**Task**
Each entry, from beginning to end, is to be transcribed verbatim.

(Saved data entries)
——————
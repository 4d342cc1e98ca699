-- ===== src/Apply/Termination.antt =====
-- dispatch_apply ends: runs without unexplained wakeups are bounded by the measure.
use book.Base.{
  ℕ, zero, suc, ◌+◌, ◌*◌, ◌≤◌, ◌<◌, ◌≡◌, Bool, refl, some, List, [], ◌∷◌, map, get_elem?, set,
  total, remove, total-remove, total-set-remove, total-set-map, total-add, arith, false,
}
use mathlib.Core.Path.{fun_ext}
use book.Apply.{
  Memory, proceed, spurious, Pc, next, wake_all, advance, Thread, unpark, System, Step, run, wake,
  workers, initial, begin,
}
use book.Apply.Weights.{waited, waiter, stray, waited-le}
use book.Apply.Moves.{Holds, with_thread}
use book.Apply.Invariant.{Inv, Sized, Reach-Inv, Step-Inv}
use book.Apply.Measure.{
  rank, rank-change, rank-unpark, indices_left, unsignalled, Falls, before, advance-Falls,
}

abbrev pub measure : ℕ → System → ℕ
measure iter s = indices_left iter s.mem + total (rank (unsignalled s.mem)) s.threads

total-triple :
    (u w v : Thread → ℕ) (ts : List Thread)
    → ((t : Thread) → u t ≤ w t + 3 * v t)
    → total u ts ≤ total w ts + 3 * total v ts
unfolding total
total-triple u w v [] h = omega arith
total-triple u w v (t ∷ ts) h = omega (arith, h t, total-triple u w v ts h)

total-compose :
    (w : Thread → ℕ) (f : Thread → Thread) (ts : List Thread)
    → total w (map f ts) ≡ total (λ t. w (f t)) ts
unfolding total
total-compose w f [] = refl
total-compose w f (t ∷ ts) = omega (arith, total-compose w f ts)

module _ (iter n : ℕ) (s : System) (inv : Inv iter n s) (i : ℕ) (t : Thread) (pc' : Pc) (m : Memory)
    (at : get_elem? s.threads i ≡ some t) where
  rest : List Thread
  rest = remove s.threads i

  one_waits : total waited rest ≤ 1
  unfolding rest
  one_waits = omega (
    arith,
    inv.counts.one_waiter,
    inv.counts.strays,
    total-add waited waiter stray s.threads waited-le,
    total-remove waited s.threads i t at,
  )

  ranks : Bool → ℕ
  ranks b = total (rank b) rest

  slack : (b b' : Bool) → ranks b' ≤ ranks b + 3
  unfolding ranks
  slack b b' =
      omega (arith, one_waits, total-triple (rank b') (rank b) waited rest (rank-change b b'))

  woken_slack : (b : Bool) → total (rank b) (map unpark rest) ≤ ranks b + 3
  unfolding ranks
  woken_slack b = omega (
    arith,
    one_waits,
    total-compose (rank b) unpark rest,
    total-triple (λ u. rank b (unpark u)) (rank b) waited rest (rank-unpark b),
  )

  apart : Holds iter n s.mem (with_thread (λ w. total w rest) t.waits t.pc)
  unfolding rest
  apart = rw (← fun_ext (λ (w : Thread → ℕ). total-remove w s.threads i t at)) inv

  falls : Falls iter ranks t.waits t.pc s.mem (advance iter proceed t.waits t.pc s.mem)
  falls = advance-Falls iter n (λ w. total w rest) ranks slack t.waits s.mem t.pc apart

  run-falls :
      advance iter proceed t.waits t.pc s.mem ≡ next m pc'
      → measure iter (record { mem = m; threads = set s.threads i (record t { pc = pc' }) })
        < measure iter s
  unfolding Falls before ranks rest
  run-falls e = omega (
    arith,
    rw e at falls,
    total-set-remove (rank (unsignalled m)) s.threads i t (record t { pc = pc' }) at,
    total-remove (rank (unsignalled s.mem)) s.threads i t at,
  )

  wake-falls :
      advance iter proceed t.waits t.pc s.mem ≡ wake_all m pc'
      → measure iter
          (record { mem = m; threads = set (map unpark s.threads) i (record t { pc = pc' }) })
        < measure iter s
  unfolding Falls before ranks rest
  wake-falls e = omega (
    arith,
    rw e at falls,
    woken_slack (unsignalled m),
    total-set-map (rank (unsignalled m)) unpark s.threads i t (record t { pc = pc' }) at,
    total-remove (rank (unsignalled s.mem)) s.threads i t at,
  )

-- A step that is no unexplained wakeup.
abbrev pub Proceeds : {iter : ℕ} {s s' : System} → Step iter s s' → Type 0
Proceeds (run i proceed t pc' m at e) = Unit
Proceeds (run i spurious t pc' m at e) = ⊥
Proceeds (wake i proceed t pc' m at e) = Unit
Proceeds (wake i spurious t pc' m at e) = ⊥

pub Step-falls :
    {iter : ℕ} (n : ℕ) {s s' : System} (st : Step iter s s')
    → Proceeds st
    → Inv iter n s
    → measure iter s' < measure iter s
Step-falls {iter} n {s} (run i proceed t pc' m at e) p inv = run-falls iter n s inv i t pc' m at e
Step-falls {iter} n {s} (wake i proceed t pc' m at e) p inv = wake-falls iter n s inv i t pc' m at e
Step-falls n (run i spurious t pc' m at e) p inv = elim p [ ]
Step-falls n (wake i spurious t pc' m at e) p inv = elim p [ ]

-- A run of `k` accesses, without unexplained wakeups.
pub data Run (iter : ℕ) (s : System) : ℕ → System → Type 0 where
  here : Run iter s 0 s
  more :
      {k : ℕ} {s' u : System}
      → Run iter s k s'
      → (st : Step iter s' u) → Proceeds st
      → Run iter s (suc k) u

pub Run-Inv :
    {iter : ℕ} (n : ℕ) {s : System} {k : ℕ} {s' : System}
    → Run iter s k s'
    → Inv iter n s
    → Inv iter n s'
Run-Inv n here inv = inv
Run-Inv n (more r st p) inv = Step-Inv n st (Run-Inv n r inv)

pub Run-bound :
    {iter : ℕ} (n : ℕ) {s : System} {k : ℕ} {s' : System}
    → Run iter s k s'
    → Inv iter n s
    → k + measure iter s' ≤ measure iter s
Run-bound n here inv = omega arith
Run-bound n (more r st p) inv =
    omega (arith, Run-bound n r inv, Step-falls n st p (Run-Inv n r inv))

workers-rank : (b : Bool) (others : ℕ) → total (rank b) (workers others) ≡ 70 * others
unfolding total rank
workers-rank b zero = omega arith
workers-rank b (suc k) = omega (arith, workers-rank b k)

initial-measure :
    (iter others : ℕ) → measure iter (initial iter others) ≡ 20 * iter + 70 * (others + 1)
unfolding total
initial-measure iter others = unfold rank in ground (arith, workers-rank false others)

-- From the start, no run without unexplained wakeups has more than 20 accesses for each index and 70
-- for each thread, if there is work and the numbers of indices and threads are far from the ends of
-- their types.
pub run_length-le :
    (iter others k : ℕ) (s : System)
    → Sized iter others
    → Run iter (initial iter others) k s
    → k ≤ 20 * iter + 70 * (others + 1)
run_length-le iter others k s sized r =
    omega (arith, Run-bound (others + 1) r (Reach-Inv sized begin), initial-measure iter others)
——————
**Response for this exercise**
repository 4d342cc1e98ca699
-- ===== src/Apply/Termination.antt =====
-- dispatch_apply ends: runs without unexplained wakeups are bounded by the measure.
use book.Base.{
  ℕ, zero, suc, ◌+◌, ◌*◌, ◌≤◌, ◌<◌, ◌≡◌, Bool, refl, some, List, [], ◌∷◌, map, get_elem?, set,
  total, remove, total-remove, total-set-remove, total-set-map, total-add, arith, false,
}
use mathlib.Core.Path.{fun_ext}
use book.Apply.{
  Memory, proceed, spurious, Pc, next, wake_all, advance, Thread, unpark, System, Step, run, wake,
  workers, initial, begin,
}
use book.Apply.Weights.{waited, waiter, stray, waited-le}
use book.Apply.Moves.{Holds, with_thread}
use book.Apply.Invariant.{Inv, Sized, Reach-Inv, Step-Inv}
use book.Apply.Measure.{
  rank, rank-change, rank-unpark, indices_left, unsignalled, Falls, before, advance-Falls,
}

abbrev pub measure : ℕ → System → ℕ
measure iter s = indices_left iter s.mem + total (rank (unsignalled s.mem)) s.threads

total-triple :
    (u w v : Thread → ℕ) (ts : List Thread)
    → ((t : Thread) → u t ≤ w t + 3 * v t)
    → total u ts ≤ total w ts + 3 * total v ts
unfolding total
total-triple u w v [] h = omega arith
total-triple u w v (t ∷ ts) h = omega (arith, h t, total-triple u w v ts h)

total-compose :
    (w : Thread → ℕ) (f : Thread → Thread) (ts : List Thread)
    → total w (map f ts) ≡ total (λ t. w (f t)) ts
unfolding total
total-compose w f [] = refl
total-compose w f (t ∷ ts) = omega (arith, total-compose w f ts)

module _ (iter n : ℕ) (s : System) (inv : Inv iter n s) (i : ℕ) (t : Thread) (pc' : Pc) (m : Memory)
    (at : get_elem? s.threads i ≡ some t) where
  rest : List Thread
  rest = remove s.threads i

  one_waits : total waited rest ≤ 1
  unfolding rest
  one_waits = omega (
    arith,
    inv.counts.one_waiter,
    inv.counts.strays,
    total-add waited waiter stray s.threads waited-le,
    total-remove waited s.threads i t at,
  )

  ranks : Bool → ℕ
  ranks b = total (rank b) rest

  slack : (b b' : Bool) → ranks b' ≤ ranks b + 3
  unfolding ranks
  slack b b' =
      omega (arith, one_waits, total-triple (rank b') (rank b) waited rest (rank-change b b'))

  woken_slack : (b : Bool) → total (rank b) (map unpark rest) ≤ ranks b + 3
  unfolding ranks
  woken_slack b = omega (
    arith,
    one_waits,
    total-compose (rank b) unpark rest,
    total-triple (λ u. rank b (unpark u)) (rank b) waited rest (rank-unpark b),
  )

  apart : Holds iter n s.mem (with_thread (λ w. total w rest) t.waits t.pc)
  unfolding rest
  apart = rw (← fun_ext (λ (w : Thread → ℕ). total-remove w s.threads i t at)) inv

  falls : Falls iter ranks t.waits t.pc s.mem (advance iter proceed t.waits t.pc s.mem)
  falls = advance-Falls iter n (λ w. total w rest) ranks slack t.waits s.mem t.pc apart

  run-falls :
      advance iter proceed t.waits t.pc s.mem ≡ next m pc'
      → measure iter (record { mem = m; threads = set s.threads i (record t { pc = pc' }) })
        < measure iter s
  unfolding Falls before ranks rest
  run-falls e = omega (
    arith,
    rw e at falls,
    total-set-remove (rank (unsignalled m)) s.threads i t (record t { pc = pc' }) at,
    total-remove (rank (unsignalled s.mem)) s.threads i t at,
  )

  wake-falls :
      advance iter proceed t.waits t.pc s.mem ≡ wake_all m pc'
      → measure iter
          (record { mem = m; threads = set (map unpark s.threads) i (record t { pc = pc' }) })
        < measure iter s
  unfolding Falls before ranks rest
  wake-falls e = omega (
    arith,
    rw e at falls,
    woken_slack (unsignalled m),
    total-set-map (rank (unsignalled m)) unpark s.threads i t (record t { pc = pc' }) at,
    total-remove (rank (unsignalled s.mem)) s.threads i t at,
  )

-- A step that is no unexplained wakeup.
abbrev pub Proceeds : {iter : ℕ} {s s' : System} → Step iter s s' → Type 0
Proceeds (run i proceed t pc' m at e) = Unit
Proceeds (run i spurious t pc' m at e) = ⊥
Proceeds (wake i proceed t pc' m at e) = Unit
Proceeds (wake i spurious t pc' m at e) = ⊥

pub Step-falls :
    {iter : ℕ} (n : ℕ) {s s' : System} (st : Step iter s s')
    → Proceeds st
    → Inv iter n s
    → measure iter s' < measure iter s
Step-falls {iter} n {s} (run i proceed t pc' m at e) p inv = run-falls iter n s inv i t pc' m at e
Step-falls {iter} n {s} (wake i proceed t pc' m at e) p inv = wake-falls iter n s inv i t pc' m at e
Step-falls n (run i spurious t pc' m at e) p inv = elim p [ ]
Step-falls n (wake i spurious t pc' m at e) p inv = elim p [ ]

-- A run of `k` accesses, without unexplained wakeups.
pub data Run (iter : ℕ) (s : System) : ℕ → System → Type 0 where
  here : Run iter s 0 s
  more :
      {k : ℕ} {s' u : System}
      → Run iter s k s'
      → (st : Step iter s' u) → Proceeds st
      → Run iter s (suc k) u

pub Run-Inv :
    {iter : ℕ} (n : ℕ) {s : System} {k : ℕ} {s' : System}
    → Run iter s k s'
    → Inv iter n s
    → Inv iter n s'
Run-Inv n here inv = inv
Run-Inv n (more r st p) inv = Step-Inv n st (Run-Inv n r inv)

pub Run-bound :
    {iter : ℕ} (n : ℕ) {s : System} {k : ℕ} {s' : System}
    → Run iter s k s'
    → Inv iter n s
    → k + measure iter s' ≤ measure iter s
Run-bound n here inv = omega arith
Run-bound n (more r st p) inv =
    omega (arith, Run-bound n r inv, Step-falls n st p (Run-Inv n r inv))

workers-rank : (b : Bool) (others : ℕ) → total (rank b) (workers others) ≡ 70 * others
unfolding total rank
workers-rank b zero = omega arith
workers-rank b (suc k) = omega (arith, workers-rank b k)

initial-measure :
    (iter others : ℕ) → measure iter (initial iter others) ≡ 20 * iter + 70 * (others + 1)
unfolding total
initial-measure iter others = unfold rank in ground (arith, workers-rank false others)

-- From the start, no run without unexplained wakeups has more than 20 accesses for each index and 70
-- for each thread, if there is work and the numbers of indices and threads are far from the ends of
-- their types.
pub run_length-le :
    (iter others k : ℕ) (s : System)
    → Sized iter others
    → Run iter (initial iter others) k s
    → k ≤ 20 * iter + 70 * (others + 1)
run_length-le iter others k s sized r =
    omega (arith, Run-bound (others + 1) r (Reach-Inv sized begin), initial-measure iter others)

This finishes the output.